Material for the task —

-- ===== src/Str/Search/Result.antt =====
-- str/strstr.hpp: the searches find the first and the last occurrence.
use apilib.Base.{ℕ, zero, suc, ◌+◌, ◌-◌, ◌≤◌, ◌<◌, ◌≡◌, ◌⊎◌, inl, inr, refl, ap, arith}
use apilib.Base.{List, [], ◌∷◌, Bool, true, false, ◌==◌, ltb, Bool-cases}
use apilib.Base.{length, take, drop, drop-drop}
use apilib.Str.Len.{contents, strlen, strlen-contents}
use apilib.Str.Compare.{strequ_n}
use apilib.Str.Search.{place_up, place_down, strstr, strstr_n, strrstr, strrstr_n}
use apilib.Str.Search.Places.{NoPlace, place_up-FirstPlace, place_down-LastPlace}
use apilib.Str.Search.Text.{strequ_n-contents, contents-drop}

-- The contents of the second string stand in those of the first from the place `i` on.
abbrev pub OccursAt : List ℕ → ℕ → ℕ → ℕ → Type 0
OccursAt m s1 s2 i =
    take (length (contents (drop s2 m))) (drop i (contents (drop s1 m))) ≡ contents (drop s2 m)

-- The result is the address of the first occurrence, or NULL if there is none.
abbrev pub FirstOccurrence : List ℕ → ℕ → ℕ → ℕ → Type 0
FirstOccurrence m s1 s2 r =
    (r ≡ 0) × ((i : ℕ) → ¬ OccursAt m s1 s2 i)
    ⊎ (i : ℕ) × (r ≡ s1 + i) × OccursAt m s1 s2 i × ((j : ℕ) → j < i → ¬ OccursAt m s1 s2 j)

-- The result is the address of the last occurrence, or NULL if there is none.
abbrev pub LastOccurrence : List ℕ → ℕ → ℕ → ℕ → Type 0
LastOccurrence m s1 s2 r =
    (r ≡ 0) × ((i : ℕ) → ¬ OccursAt m s1 s2 i)
    ⊎ (i : ℕ) × (r ≡ s1 + i) × OccursAt m s1 s2 i × ((j : ℕ) → i < j → ¬ OccursAt m s1 s2 j)

take_within : (n : ℕ) (xs : List ℕ) → length (take n xs) ≤ length xs
take_within zero xs = omega arith
take_within (suc n) [] = omega arith
take_within (suc n) (x ∷ xs) = omega (arith, take_within n xs)

take_fits : (i n : ℕ) (xs : List ℕ) → 0 < n → n ≤ length (take n (drop i xs)) → i + n ≤ length xs
take_fits zero n xs pos h = omega (arith, take_within n xs)
take_fits (suc i) (suc n) [] pos h = absurd (omega arith)
take_fits (suc i) zero [] pos h = absurd (omega arith)
take_fits (suc i) n (x ∷ xs) pos h = omega (arith, take_fits i n xs pos h)

module _ (m : List ℕ) (s1 s2 : ℕ) (there1 : 0 < s1) (there2 : 0 < s2)
    (some_text : 0 < length (contents (drop s2 m))) where
  OccursAt-fits :
      (i : ℕ)
      → OccursAt m s1 s2 i
      → i + length (contents (drop s2 m)) ≤ length (contents (drop s1 m))
  OccursAt-fits i h =
      let n = length (contents (drop s2 m)) in
      let same : length (take n (drop i (contents (drop s1 m)))) ≡ n = ap length h in
      take_fits i n (contents (drop s1 m)) some_text (omega (arith, same))

  -- Within the first string, the test of the search says whether there is an occurrence.
  place_test :
      (i : ℕ)
      → i ≤ length (contents (drop s1 m))
      → (strequ_n (s1 + i) s2 (length (contents (drop s2 m))) m ≡ true → OccursAt m s1 s2 i)
        × (strequ_n (s1 + i) s2 (length (contents (drop s2 m))) m ≡ false → ¬ OccursAt m s1 s2 i)
  place_test i h =
      let (to, from) = strequ_n-contents (s1 + i) s2 m (omega arith) there2 some_text in
      let moved : contents (drop (s1 + i) m) ≡ drop i (contents (drop s1 m)) =
        rw (← drop-drop s1 i m) (contents-drop i (drop s1 m) h) in
      (λ e. rw (← moved) (to e), λ e occurs. absurd (ground (arith, e, from (rw moved occurs))))

  no_place :
      (hi i : ℕ)
      → s1 + suc (length (contents (drop s1 m)) - length (contents (drop s2 m))) ≤ hi
      → NoPlace (λ p. strequ_n p s2 (length (contents (drop s2 m))) m) s1 hi
      → ¬ OccursAt m s1 s2 i
  no_place hi i top none_left occurs =
      let fits = OccursAt-fits i occurs in
      (place_test i (omega (arith, fits))).1
        (none_left (s1 + i) (omega arith) (omega (arith, fits))) occurs

  -- A place in the first string that passes the test, as an offset.
  at_offset :
      (r : ℕ)
      → s1 ≤ r
      → r < s1 + suc (length (contents (drop s1 m)) - length (contents (drop s2 m)))
      → strequ_n r s2 (length (contents (drop s2 m))) m ≡ true
      → (r ≡ s1 + (r - s1)) × OccursAt m s1 s2 (r - s1)
  at_offset r above below found =
      let e : r ≡ s1 + (r - s1) = omega arith in
      (e, (place_test (r - s1) (omega arith)).0 (rw (← e) found))

  first_occurrence :
      length (contents (drop s2 m)) ≤ length (contents (drop s1 m))
      → FirstOccurrence m s1 s2 (
          place_up
            (λ p. strequ_n p s2 (length (contents (drop s2 m))) m)
            (suc (length (contents (drop s1 m)) - length (contents (drop s2 m))))
            s1)
  first_occurrence fits =
      let test : ℕ → Bool = λ p. strequ_n p s2 (length (contents (drop s2 m))) m in
      let n = suc (length (contents (drop s1 m)) - length (contents (drop s2 m))) in
      elim (place_up-FirstPlace test n s1 (s1 + n) refl) [
        | inl (null, none_left) ↦ inl (null, λ i. no_place (s1 + n) i (omega arith) none_left)
        | inr (above, below, found, before) ↦
            let r = place_up test n s1 in
            let (e, occurs) = at_offset r above below found in
            inr (
              r - s1,
              e,
              occurs,
              λ j earlier here.
                  (place_test j (omega (arith, OccursAt-fits j here))).1
                    (before (s1 + j) (omega arith) (omega arith)) here,
            )
      ]

  last_occurrence :
      length (contents (drop s2 m)) ≤ length (contents (drop s1 m))
      → LastOccurrence m s1 s2 (
          place_down
            (λ p. strequ_n p s2 (length (contents (drop s2 m))) m)
            s1
            (length (contents (drop s1 m)) - length (contents (drop s2 m))))
  last_occurrence fits =
      let test : ℕ → Bool = λ p. strequ_n p s2 (length (contents (drop s2 m))) m in
      let n = length (contents (drop s1 m)) - length (contents (drop s2 m)) in
      elim (place_down-LastPlace test s1 n (s1 + suc n) (omega arith)) [
        | inl (null, none_left) ↦ inl (null, λ i. no_place (s1 + suc n) i (omega arith) none_left)
        | inr (above, below, found, after) ↦
            let r = place_down test s1 n in
            let (e, occurs) = at_offset r above below found in
            inr (
              r - s1,
              e,
              occurs,
              λ j later here.
                  (place_test j (omega (arith, OccursAt-fits j here))).1
                    (after (s1 + j) (omega arith) (omega (arith, OccursAt-fits j here))) here,
            )
      ]

-- `strstr` finds the first and `strrstr` the last occurrence of a string that is not empty.
pub strstr_occurrences :
    (m : List ℕ) (s1 s2 : ℕ)
    → 0 < s1
    → 0 < s2
    → 0 < length (contents (drop s2 m))
    → FirstOccurrence m s1 s2 (strstr s1 s2 m) × LastOccurrence m s1 s2 (strrstr s1 s2 m)
unfolding strstr strstr_n strrstr strrstr_n
strstr_occurrences m s1 s2 there1 there2 some_text =
    let l1 : strlen (drop s1 m) ≡ length (contents (drop s1 m)) = strlen-contents (drop s1 m) in
    let l2 : strlen (drop s2 m) ≡ length (contents (drop s2 m)) = strlen-contents (drop s2 m) in
    let null1 : (s1 == 0) ≡ false = ground (arith, there1) in
    let null2 : (s2 == 0) ≡ false = ground (arith, there2) in
    elim (Bool-cases (ltb (length (contents (drop s1 m))) (length (contents (drop s2 m))))) [
      | inl short ↦
          let none_fits : (i : ℕ) → ¬ OccursAt m s1 s2 i = λ i occurs.
            ground (arith, short, OccursAt-fits m s1 s2 there1 there2 some_text i occurs) in
          rw (l1, l2, null1, null2, short) (inl (refl, none_fits), inl (refl, none_fits))
      | inr long ↦
          rw (l1, l2, null1, null2, long)
            (
              first_occurrence m s1 s2 there1 there2 some_text (ground (arith, long)),
              last_occurrence m s1 s2 there1 there2 some_text (ground (arith, long)),
            )
    ]
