-- ===== src/Index/Flat.antt =====
-- core/index.py, the exclude rules and the flat list of entries that a search goes over
-- (`_should_exclude`, `_rebuild_flat_list`). The list holds references to the entries of the
-- drives: a drive's key with an FRN.
use quick_find.Prelude.{
  ℕ, Bool, true, false, ◌&&◌, ◌||◌, none, some, List, [], ◌∷◌, ◌++◌, any, bit_and, truthy, ◌==◌,
  if◌then◌else◌,
}
use quick_find.Text.{Text, Unicode}
use quick_find.Dict.{Dict}
use quick_find.Index.{FileEntry, DriveEntries, ntfs_root_frn}

abbrev pub Ref : Type 0
Ref = Text × ℕ

abbrev file_attribute_hidden : ℕ
file_attribute_hidden = 0x2

abbrev file_attribute_system : ℕ
file_attribute_system = 0x4

-- A compiled regular expression is its `search`.
pub record Rules : Type 0 where
  pub exclude_hidden : Bool
  pub exclude_system : Bool
  pub exclude_attribute_mask : ℕ
  pub exclude_globs : List Text
  pub exclude_regexes : List (Text → Bool)

abbrev is_empty {ℓ} : {A : Type ℓ} → List A → Bool
is_empty [] = true
is_empty (x ∷ xs) = false

-- `FileEntry.get_path`, with `FileIndex.resolve_path`: the cached path, or the resolved one, which is then cached.
unfoldable pub get_path : (Text → ℕ → Text) → FileEntry → Text × FileEntry
get_path resolve e = elim e.path [
  | some p ↦ (p, e)
  | none ↦ let p = resolve e.drive e.frn in (p, record e { path = some p })
]

-- `resolve` is `FileIndex.resolve_path`, and `fnmatch name pattern` the function of that name.
module _ (u : Unicode) (fnmatch : Text → Text → Bool) (resolve : Text → ℕ → Text) where
  unfoldable pub glob_excludes : Text → Text → Text → Bool
  glob_excludes name path pattern =
      fnmatch name pattern
      || fnmatch path pattern
      || fnmatch (u.lower name) (u.lower pattern)
      || fnmatch (u.lower path) (u.lower pattern)

  -- The test, and the entry with the path that it may have cached.
  unfoldable pub should_exclude : Rules → FileEntry → Bool × FileEntry
  unfolding get_path glob_excludes
  should_exclude r e =
      if (r.exclude_hidden && truthy (bit_and e.attributes file_attribute_hidden))
        || (r.exclude_system && truthy (bit_and e.attributes file_attribute_system))
        || (truthy r.exclude_attribute_mask
            && truthy (bit_and e.attributes r.exclude_attribute_mask))
      then (true, e)
      else if is_empty r.exclude_globs && is_empty r.exclude_regexes
      then (false, e)
      else let (path, e') = get_path resolve e in
        (
          any (λ p. glob_excludes e.name path p) r.exclude_globs
              || any (λ s. s e.name || s path) r.exclude_regexes,
          e',
        )

  -- One drive: the references that are listed, and the entries with the paths cached on the way.
  unfoldable pub flat_drive : Rules → Text → DriveEntries → List Ref × DriveEntries
  unfolding should_exclude
  flat_drive r drive [] = ([], [])
  flat_drive r drive ((frn, e) ∷ d) =
      let (refs, d') = flat_drive r drive d in
      if frn == ntfs_root_frn || is_empty e.name
      then (refs, (frn, e) ∷ d')
      else let (excluded, e') = should_exclude r e in
        (if excluded then refs else (drive, frn) ∷ refs, (frn, e') ∷ d')

  unfoldable pub rebuild_flat_list :
      Rules → Dict Text DriveEntries → List Ref × Dict Text DriveEntries
  unfolding flat_drive
  rebuild_flat_list r [] = ([], [])
  rebuild_flat_list r ((drive, d) ∷ index) =
      let (refs, d') = flat_drive r drive d in
      let (rest, index') = rebuild_flat_list r index in (refs ++ rest, (drive, d') ∷ index')
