-- ===== src/Index/Invalidate.antt =====
-- core/index.py, `_invalidate_subtree_paths`: after a directory was renamed or moved, the cached
-- paths of everything below it are cleared.
pub mod Covers
pub mod Total
pub mod Cycle
use quick_find.Prelude.{ℕ, zero, suc, Bool, Option, none, some, List, [], ◌∷◌, ◌==◌, if◌then◌else◌}
use quick_find.Dict.{get, put, nat_eq}
use quick_find.Index.{FileEntry, DriveEntries, invalidate_path}

-- `children.get(p, [])`: the FRNs of the entries whose parent is `p`, in the order of the drive.
unfoldable pub children_of : DriveEntries → ℕ → List ℕ
children_of [] p = []
children_of ((frn, e) ∷ d) p =
    let rest = children_of d p in if e.parent_frn == p then frn ∷ rest else rest

-- `stack.extend(xs)`. The top of the stack comes first here.
unfoldable pub extend : List ℕ → List ℕ → List ℕ
extend [] stack = stack
extend (x ∷ xs) stack = extend xs (x ∷ stack)

-- `while stack`. `none` means that the fuel ran out with entries on the stack.
unfoldable pub invalidate_loop : ℕ → (ℕ → List ℕ) → List ℕ → DriveEntries → Option DriveEntries
unfolding extend get put invalidate_path
invalidate_loop zero children stack d = none
invalidate_loop (suc f) children [] d = some d
invalidate_loop (suc f) children (frn ∷ stack) d = elim (get d frn) [
  | none ↦ invalidate_loop f children stack d
  | some e ↦
      invalidate_loop f children (extend (children frn) stack) (put d frn (invalidate_path e))
]

unfoldable pub invalidate_subtree_paths : ℕ → DriveEntries → ℕ → Option DriveEntries
unfolding invalidate_loop children_of extend
invalidate_subtree_paths f d root_frn =
    invalidate_loop f (λ p. children_of d p) (extend (children_of d root_frn) []) d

What you should do —
Could you restate word for word the lines above, from the one that contains "unfoldable pub should_exclude" through the one that contains "if frn == ntfs_root_frn", and no others?

Your solution —
  unfoldable pub should_exclude : Rules → FileEntry → Bool × FileEntry
  unfolding get_path glob_excludes
  should_exclude r e =
      if (r.exclude_hidden && truthy (bit_and e.attributes file_attribute_hidden))
        || (r.exclude_system && truthy (bit_and e.attributes file_attribute_system))
        || (truthy r.exclude_attribute_mask
            && truthy (bit_and e.attributes r.exclude_attribute_mask))
      then (true, e)
      else if is_empty r.exclude_globs && is_empty r.exclude_regexes
      then (false, e)
      else let (path, e') = get_path resolve e in
        (
          any (λ p. glob_excludes e.name path p) r.exclude_globs
              || any (λ s. s e.name || s path) r.exclude_regexes,
          e',
        )

  -- One drive: the references that are listed, and the entries with the paths cached on the way.
  unfoldable pub flat_drive : Rules → Text → DriveEntries → List Ref × DriveEntries
  unfolding should_exclude
  flat_drive r drive [] = ([], [])
  flat_drive r drive ((frn, e) ∷ d) =
      let (refs, d') = flat_drive r drive d in
      if frn == ntfs_root_frn || is_empty e.name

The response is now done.